**WHAT THIS TASK INVOLVES**
Only the lines from the beginning of the data below through the line containing "pub use Lists.*" belong in the response, each copied exactly.

[Records from a dataset]
※ ※ ※

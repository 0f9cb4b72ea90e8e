-- ===== src/Prelude.antt =====
-- The names that the other modules share: the libraries', passed on, and those of the children.
mod Tests
mod Lists
mod Maps
mod Text
pub mod Float
pub use Tests.*
pub use Lists.*
unfoldable pub use Maps.{update, remove}
pub use Maps.{
  lookup-update_self, lookup-update_ne, lookup-remove_self, lookup-remove_ne, remove_absent,
  update-update_self, update-lookup, keys, map_laws, All-remove, All-update, All-lookup, sum_by,
  Distinct, remove-Distinct, update-Distinct, sum_by-remove, sum_by-update, sum_by-update_new,
}
pub use Text.{Bytes, codes}
unfoldable pub use Text.{Bytes-discrete}
pub use Prim.Native.Nat.{ℕ, zero, suc, ◌+◌, ◌-◌, ◌*◌, ◌/◌, ◌%◌, ◌^◌, ◌≤◌, ◌<◌, min}
pub use mathlib.Core.Path.{◌≡◌, refl, sym, ap, ◌∙◌, subst}
pub use mathlib.Core.Logic.{◌≢◌, ◌↔◌, ◌⊎◌, inl, inr, ite, if_pos, if_neg}
pub use mathlib.Core.Bool.{Bool, true, false, ◌&&◌, ◌||◌, not}
pub use mathlib.Core.Option.{Option, none, some}
pub use mathlib.Core.List.{
  List, [], ◌∷◌, ◌++◌, map, append_assoc, append-nil, reverse-append, reverse-cons, reverse-reverse,
}
unfoldable pub use mathlib.Core.List.{lookup, flatten, reverse}
pub use native.Mathlib.Omega.{arith}
unfoldable pub use native.Mathlib.Decide.{dec_lt, ℕ_discrete}
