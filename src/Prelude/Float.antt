-- ===== src/Prelude/Float.antt =====
-- A float64 is a value of an abstract type with the operations that the program uses of it.
use mathlib.Core.Bool.{Bool, false}
use mathlib.Core.Path.{◌≡◌}
use Prim.Native.Nat.{ℕ}
use mathlib.Core.List.{List}

pub record Float64 (F : Type 0) : Type 0 where
  -- `a < b`; false where either is not a number.
  pub lt : F → F → Bool
  -- `a <= b`
  pub le : F → F → Bool
  pub zero_point_one : F
  pub zero : F
  pub one : F
  pub two : F
  -- `strconv.FormatFloat(x, 'f', 2, 64)`
  pub format2 : F → List ℕ

-- What the program relies on: the order of the constants, and that a number is not below itself.
pub record IsOrdered {F : Type 0} (fl : Float64 F) : Type 0 where
  pub lt_irrefl : (x : F) → fl.lt x x ≡ false
  pub low_lt_high : fl.lt fl.two fl.zero_point_one ≡ false
  pub one_pos : fl.le fl.one fl.zero ≡ false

※ ※ ※

**TASK RESPONSE**
repository 0f9cb4b72ea90e8e
-- ===== src/Prelude.antt =====
-- The names that the other modules share: the libraries', passed on, and those of the children.
mod Tests
mod Lists
mod Maps
mod Text
pub mod Float
pub use Tests.*
pub use Lists.*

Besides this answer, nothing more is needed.